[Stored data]
◇ ◇ ◇

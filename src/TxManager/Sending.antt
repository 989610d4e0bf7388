-- ===== src/TxManager/Sending.antt =====
-- `sendTransaction`: what a success has done, and that nothing is broadcast unrecorded.
use rif_relay_server.Base.{
  ℕ, ◌+◌, ◌≡◌, ◌≤◌, ◌≢◌, inl, inr, refl, sym, subst, ap, ◌∙◌, false, none, some, [], ◌∷◌, ◌++◌,
  Text, lower, eq_text, eq_text_iff, if◌then◌else◌, Bool-cases,
}
use rif_relay_server.Stored.{PopulatedTransaction, NonceSigner, eq_key, create_stored_transaction}
use rif_relay_server.Outcome.{ok, bind_of_ok, bind_of_err, >>=-eq-ok, bind-inv}
use rif_relay_server.Keys.{SignedTransactionDetails}
use rif_relay_server.TxStore.{stamp, put_tx}
use rif_relay_server.TxStore.Writes.{put_tx-free}
use rif_relay_server.TxManager.{
  Env, World, SendTransactionDetails, assign, bump, tx_to_sign, first_stored, sign_with,
  prepare_transaction, prepare_at, record_signed, check_hash, broadcast_transaction,
  send_transaction, increment_nonce, log_broadcast,
}
use rif_relay_server.TxManager.Nonces.{
  called, counter, Settled, poll_nonce_lem, assign_self, assign_ne,
}
use rif_relay_server.TxManager.Steps.{call-state, call-eq-ok, lift-eq-ok, on_store-eq-ok}

module _ {Store : Type 0} (env : Env Store) where
  -- The world after the raw transaction went to the node.
  abbrev pub logged : World Store → Text → World Store
  logged w raw = record w { broadcast = w.broadcast ++ raw ∷ [] }

  check_hash-eq-ok :
      (signed r : SignedTransactionDetails) (hash : Text) (w v : World Store)
      → check_hash env signed hash w ≡ (ok r, v)
      → (lower hash ≡ lower signed.tx_hash) × (r ≡ signed)
  unfolding check_hash
  check_hash-eq-ok signed r hash w v e =
      elim (Bool-cases (eq_text (lower hash) (lower signed.tx_hash))) [
        | inl same ↦ ((eq_text_iff _ _).0 same, let f = (rw same at e) in cc)
        | inr other ↦ let f = (rw other at e) in cc
      ]

  -- Whatever the node answers, a broadcast leaves the logged world, with one more call made.
  pub broadcast_transaction_lem :
      (signed : SignedTransactionDetails) (w : World Store)
      → (broadcast_transaction env signed w).1 ≡ called (logged w signed.signed_tx)
  unfolding broadcast_transaction check_hash
  broadcast_transaction_lem signed w =
      ap (λ p. p.1) (bind_of_ok (log_broadcast signed.signed_tx) _ w refl)
      ∙ bind-inv (λ t. t ≡ called (logged w signed.signed_tx)) _ _ _ (call-state _ _)
          (λ hash t _ same. same)

  -- A success: the node's hash is the signed one, up to case.
  pub broadcast_transaction-eq-ok :
      (signed r : SignedTransactionDetails) (w v : World Store)
      → broadcast_transaction env signed w ≡ (ok r, v)
      → (hash : Text) × (env.node.send w.calls signed.signed_tx ≡ some hash)
        × (lower hash ≡ lower signed.tx_hash)
        × (r ≡ signed)
  unfolding broadcast_transaction
  broadcast_transaction-eq-ok signed r w v e =
      let (hash, answered, rest) =
        call-eq-ok _ _ _ (sym (bind_of_ok (log_broadcast signed.signed_tx) _ w refl) ∙ e) in
      let (same, kept) = check_hash-eq-ok signed r hash _ v rest in (hash, answered, same, kept)

module _ {Store : Type 0} (env : Env Store) (d : SendTransactionDetails) where
  abbrev pub key_at : ℕ → NonceSigner
  key_at n = record { nonce = n; signer = lower d.signer }

  -- The transaction was prepared at the nonce `n`: the nonce is no less than the node's answer and
  -- the counter, the counter is past it, the signed transaction carries it, and it is stored at a
  -- key that was free; no other counter or document has changed, and nothing was broadcast.
  pub record Prepared (price : ℕ) (w v : World Store) (signed : SignedTransactionDetails) (n : ℕ)
      : Type 0 where
    pub answer : ℕ
    pub asked : env.node.count_pending w.calls d.signer ≡ some answer
    pub answer_le : answer ≤ n
    pub counter_le : counter w d.signer ≤ n
    pub advanced : v.nonces d.signer ≡ some (n + 1)
    pub others : (a : Text) → a ≢ d.signer → v.nonces a ≡ w.nonces a
    pub signs : sign_with env d.signer (tx_to_sign d price n) ≡ ok signed
    pub was_free : env.db.at (key_at n) w.store ≡ none
    pub stored :
        (j : NonceSigner)
        → env.db.at j v.store ≡ (
            if eq_key (key_at n) j
            then some (stamp (first_stored env d (tx_to_sign d price n) signed.tx_hash))
            else env.db.at j w.store)
    pub quiet : v.broadcast ≡ w.broadcast

  -- The world that the counter's increment and the write leave.
  abbrev recorded : World Store → Store → World Store
  recorded w s = record w {
    nonces = assign w.nonces d.signer (bump (w.nonces d.signer));
    store = s;
  }

  record_signed_lem :
      (tx : PopulatedTransaction) (w v : World Store) (signed r : SignedTransactionDetails)
      → record_signed env d tx signed w ≡ (ok r, v)
      → (s : Store) × (put_tx env.db (first_stored env d tx signed.tx_hash) false w.store
          ≡ (ok tt, s))
        × (v ≡ recorded w s)
        × (r ≡ signed)
  unfolding record_signed
  record_signed_lem tx w v signed r e =
      let (_, s, put, done) =
        on_store-eq-ok _ _ _ (sym (bind_of_ok (increment_nonce d.signer) _ w refl) ∙ e) in
      (s, put, sym (ap (λ p. p.1) done), cc)

  prepare_at_lem :
      (price n : ℕ) (w v : World Store) (signed : SignedTransactionDetails)
      → prepare_at env d price n w ≡ (ok signed, v)
      → (s : Store) × (sign_with env d.signer (tx_to_sign d price n) ≡ ok signed)
        × (put_tx env.db (first_stored env d (tx_to_sign d price n) signed.tx_hash) false w.store
            ≡ (ok tt, s))
        × (v ≡ recorded w s)
  unfolding prepare_at
  prepare_at_lem price n w v signed e =
      let (sg, signs, rest) = lift-eq-ok _ _ w e in
      let (s, put, left, same) = record_signed_lem (tx_to_sign d price n) w v sg signed rest in
      (
        s,
        signs ∙ ap ok (sym same),
        ap (λ r. put_tx env.db (first_stored env d (tx_to_sign d price n) r.tx_hash) false w.store)
              same
            ∙ put,
        left,
      )

  -- The counter of a settled nonce, and the write at that nonce.
  Prepared-of :
      (price answer n : ℕ) (w u v : World Store) (s : Store) (signed : SignedTransactionDetails)
      → env.node.count_pending w.calls d.signer ≡ some answer
      → Settled d.signer answer (called w) u n
      → sign_with env d.signer (tx_to_sign d price n) ≡ ok signed
      → put_tx env.db (first_stored env d (tx_to_sign d price n) signed.tx_hash) false u.store
        ≡ (ok tt, s)
      → v ≡ recorded u s
      → Prepared price w v signed n
  unfolding create_stored_transaction
  Prepared-of price answer n w u v s signed asked settled signs put left =
      let (free, _, at) = put_tx-free env.db _ u.store s put in
      record {
        answer = answer;
        asked = asked;
        answer_le = settled.answer_le;
        counter_le = settled.counter_le;
        advanced = rw left (assign_self u.nonces d.signer _ ∙ ap bump settled.now);
        others = λ a h. rw left (assign_ne u.nonces d.signer _ a h ∙ settled.others a h);
        signs = signs;
        was_free = rw (← settled.same_store) free;
        stored = λ j. rw (left, ← settled.same_store) (at j);
        quiet = rw left settled.same_broadcast;
      }

  -- A successful preparation.
  pub prepare_transaction-Prepared :
      (price : ℕ) (w v : World Store) (signed : SignedTransactionDetails)
      → prepare_transaction env d price w ≡ (ok signed, v)
      → (n : ℕ) × Prepared price w v signed n
  unfolding prepare_transaction
  prepare_transaction-Prepared price w v signed e = elim (poll_nonce_lem env d.signer w) [
    | inl (_, failed) ↦ let bad = sym (bind_of_err _ _ w failed) ∙ e in cc
    | inr (answer, n, u, asked, polled, settled) ↦
        let (s, signs, put, left) =
          prepare_at_lem price n u v signed (sym (bind_of_ok _ _ w polled) ∙ e) in
        (n, Prepared-of price answer n w u v s signed asked settled signs put left)
  ]

  -- A successful `sendTransaction`: the transaction was prepared at some nonce on the price that
  -- the node gave, its raw form was broadcast, and the node answered with the hash that is stored.
  pub record Sent (w v : World Store) (signed : SignedTransactionDetails) : Type 0 where
    pub price : ℕ
    pub priced : env.node.gas_price w.calls ≡ some price
    pub prepared_world : World Store
    pub nonce : ℕ
    pub prepared : Prepared price (called w) prepared_world signed nonce
    pub left : v ≡ called (logged env prepared_world signed.signed_tx)
    pub hash : Text
    pub answered : env.node.send prepared_world.calls signed.signed_tx ≡ some hash
    pub same_hash : lower hash ≡ lower signed.tx_hash

  Sent-of :
      (price : ℕ) (w u v : World Store) (sg signed : SignedTransactionDetails)
      → env.node.gas_price w.calls ≡ some price
      → prepare_transaction env d price (called w) ≡ (ok sg, u)
      → broadcast_transaction env sg u ≡ (ok signed, v)
      → Sent w v signed
  Sent-of price w u v sg signed priced prepared sent =
      let (hash, answered, same_hash, kept) = broadcast_transaction-eq-ok env sg signed u v sent in
      let (n, was_prepared) = prepare_transaction-Prepared price (called w) u sg prepared in
      record {
        price = price;
        priced = priced;
        prepared_world = u;
        nonce = n;
        prepared = subst (λ r. Prepared price (called w) u r n) (sym kept) was_prepared;
        left =
            sym (ap (λ p. p.1) sent)
            ∙ broadcast_transaction_lem env sg u
            ∙ ap (λ r. called (logged env u r.signed_tx)) (sym kept);
        hash = hash;
        answered = subst (λ r. env.node.send u.calls r.signed_tx ≡ some hash) (sym kept) answered;
        same_hash = subst (λ r. lower hash ≡ lower r.tx_hash) (sym kept) same_hash;
      }

  -- A successful `sendTransaction` prepared the transaction at one nonce, broadcast it, and got the
  -- hash that it stored.
  pub send_transaction-Sent :
      (w v : World Store) (signed : SignedTransactionDetails)
      → send_transaction env d w ≡ (ok signed, v)
      → Sent w v signed
  unfolding send_transaction
  send_transaction-Sent w v signed e =
      let (price, priced, rest) = call-eq-ok _ _ w e in
      let (sg, u, prepared, sent) = >>=-eq-ok _ _ _ rest in
      Sent-of price w u v sg signed priced prepared sent
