-- ===== src/TxManager/Recorded.antt =====
-- What stands in the store of what `sendTransaction` handed to the node.
use rif_relay_server.Base.{ℕ, ◌≡◌, ◌⊎◌, inl, inr, refl, sym, ap, subst, ◌∙◌, some, [], ◌∷◌, ◌++◌}
use rif_relay_server.Stored.{PopulatedTransaction, eq_key_iff}
use rif_relay_server.Outcome.{◌>>=◌, >>=-cases, bind-inv}
use rif_relay_server.Keys.{SignedTransactionDetails}
use rif_relay_server.Keys.Signed.{IsSigned, sign_transaction-IsSigned}
use rif_relay_server.TxStore.{stamp}
use rif_relay_server.TxManager.{
  call, key_manager, Env, World, SendTransactionDetails, tx_to_sign, first_stored, poll_nonce,
  prepare_at, record_signed, prepare_transaction, broadcast_transaction, send_transaction,
}
use rif_relay_server.TxManager.Nonces.{called, poll_nonce_lem}
use rif_relay_server.TxManager.Steps.{call-state}
use rif_relay_server.TxManager.Sending.{
  key_at, Prepared, prepare_transaction-Prepared, broadcast_transaction_lem,
}

module _ {Store : Type 0} (env : Env Store) (d : SendTransactionDetails) where
  poll_nonce-quiet : (w : World Store) → (poll_nonce env d.signer w).1.broadcast ≡ w.broadcast
  poll_nonce-quiet w = elim (poll_nonce_lem env d.signer w) [
    | inl (_, failed) ↦ ap (λ p. p.1.broadcast) failed
    | inr (answer, n, v, _, polled, settled) ↦
        ap (λ p. p.1.broadcast) polled ∙ settled.same_broadcast
  ]

  record_signed-quiet :
      (tx : PopulatedTransaction) (signed : SignedTransactionDetails) (w : World Store)
      → (record_signed env d tx signed w).1.broadcast ≡ w.broadcast
  unfolding record_signed
  record_signed-quiet tx signed w =
      bind-inv (λ u. u.broadcast ≡ w.broadcast) _ _ w refl
        (λ _ u _ h. bind-inv (λ t. t.broadcast ≡ w.broadcast) _ _ u h (λ _ t _ k. k))

  prepare_at-quiet :
      (price n : ℕ) (w : World Store) → (prepare_at env d price n w).1.broadcast ≡ w.broadcast
  unfolding prepare_at
  prepare_at-quiet price n w =
      bind-inv (λ u. u.broadcast ≡ w.broadcast) _ _ w refl
        (λ signed u _ h. record_signed-quiet (tx_to_sign d price n) signed u ∙ h)

  -- Nothing is broadcast on the way to a prepared transaction, however that ends.
  prepare_transaction-quiet :
      (price : ℕ) (w : World Store) → (prepare_transaction env d price w).1.broadcast ≡ w.broadcast
  unfolding prepare_transaction
  prepare_transaction-quiet price w =
      bind-inv (λ u. u.broadcast ≡ w.broadcast) _ _ w (poll_nonce-quiet w)
        (λ n u _ h. prepare_at-quiet price n u ∙ h)

  -- The world `v` broadcast nothing since `w`, or one raw transaction: it is the one that the
  -- signer's key makes of the transaction at some nonce and price, and `v` holds its record, with the
  -- hash of the raw form, under the signer and that nonce.
  abbrev pub IsRecorded : World Store → World Store → Type 0
  IsRecorded w v =
      (v.broadcast ≡ w.broadcast)
      ⊎ ((n : ℕ) × (price : ℕ) × (signed : SignedTransactionDetails) × (v.broadcast
            ≡ w.broadcast ++ signed.signed_tx ∷ [])
          × (env.db.at (key_at env d n) v.store
              ≡ some (stamp (first_stored env d (tx_to_sign d price n) signed.tx_hash)))
          × IsSigned env.wallets (key_manager env d.signer) d.signer (tx_to_sign d price n) signed)

  broadcast-IsRecorded :
      (price n : ℕ) (w u : World Store) (signed : SignedTransactionDetails)
      → Prepared env d price w u signed n
      → IsRecorded w (broadcast_transaction env signed u).1
  broadcast-IsRecorded price n w u signed p =
      let after = broadcast_transaction_lem env signed u in
      inr (
        n,
        price,
        signed,
        ap (λ t. t.broadcast) after ∙ ap (λ b. b ++ signed.signed_tx ∷ []) p.quiet,
        ap (λ t. env.db.at (key_at env d n) t.store) after
            ∙ p.stored (key_at env d n)
            ∙ rw ((eq_key_iff (key_at env d n) (key_at env d n)).1 refl) refl,
        sign_transaction-IsSigned env.wallets (key_manager env d.signer) d.signer
            (tx_to_sign d price n) signed p.signs,
      )

  prepared-IsRecorded :
      (price : ℕ) (w : World Store)
      → IsRecorded w ((prepare_transaction env d price >>= broadcast_transaction env) w).1
  prepared-IsRecorded price w =
      elim (>>=-cases (prepare_transaction env d price) (broadcast_transaction env) w) [
        | inl (e, u, failed, left) ↦
            inl (ap (λ p. p.1.broadcast) (left ∙ sym failed) ∙ prepare_transaction-quiet price w)
        | inr (signed, u, prepared, left) ↦
            let (n, p) = prepare_transaction-Prepared env d price w u signed prepared in
            subst (λ r. IsRecorded w r.1) (sym left) (broadcast-IsRecorded price n w u signed p)
      ]

  -- However it ends, `sendTransaction` has broadcast nothing, or one transaction: the details at some
  -- nonce and price, signed with the signer's key, whose record stands in the store under the signer
  -- and the nonce, with the hash of the raw form that was broadcast.
  pub send_transaction-IsRecorded : (w : World Store) → IsRecorded w (send_transaction env d w).1
  unfolding send_transaction
  send_transaction-IsRecorded w =
      elim (>>=-cases (call env.node.gas_price)
        (λ p. prepare_transaction env d p >>= broadcast_transaction env) w) [
          | inl (e, t, failed, left) ↦ inl (
              ap (λ r. r.1.broadcast) left
              ∙ sym (ap (λ r. r.1.broadcast) failed)
              ∙ ap (λ u. u.broadcast) (call-state env.node.gas_price w))
          | inr (price, t, asked, left) ↦
              let same : t ≡ called w = sym (ap (λ r. r.1) asked) ∙ call-state _ w in
              subst (λ r. IsRecorded w r.1) (sym left)
                (subst
                  (λ u.
                    IsRecorded w
                      ((prepare_transaction env d price >>= broadcast_transaction env) u).1)
                  (sym same) (prepared-IsRecorded price (called w)))
        ]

◇ ◇ ◇

• Your instructions
Among the entries above, locate the lines containing "call-eq-ok _ _ _" and "-- the counter, the", and transcribe exactly those two lines and all lines between.

• Task result
        call-eq-ok _ _ _ (sym (bind_of_ok (log_broadcast signed.signed_tx) _ w refl) ∙ e) in
      let (same, kept) = check_hash-eq-ok signed r hash _ v rest in (hash, answered, same, kept)

module _ {Store : Type 0} (env : Env Store) (d : SendTransactionDetails) where
  abbrev pub key_at : ℕ → NonceSigner
  key_at n = record { nonce = n; signer = lower d.signer }

  -- The transaction was prepared at the nonce `n`: the nonce is no less than the node's answer and
  -- the counter, the counter is past it, the signed transaction carries it, and it is stored at a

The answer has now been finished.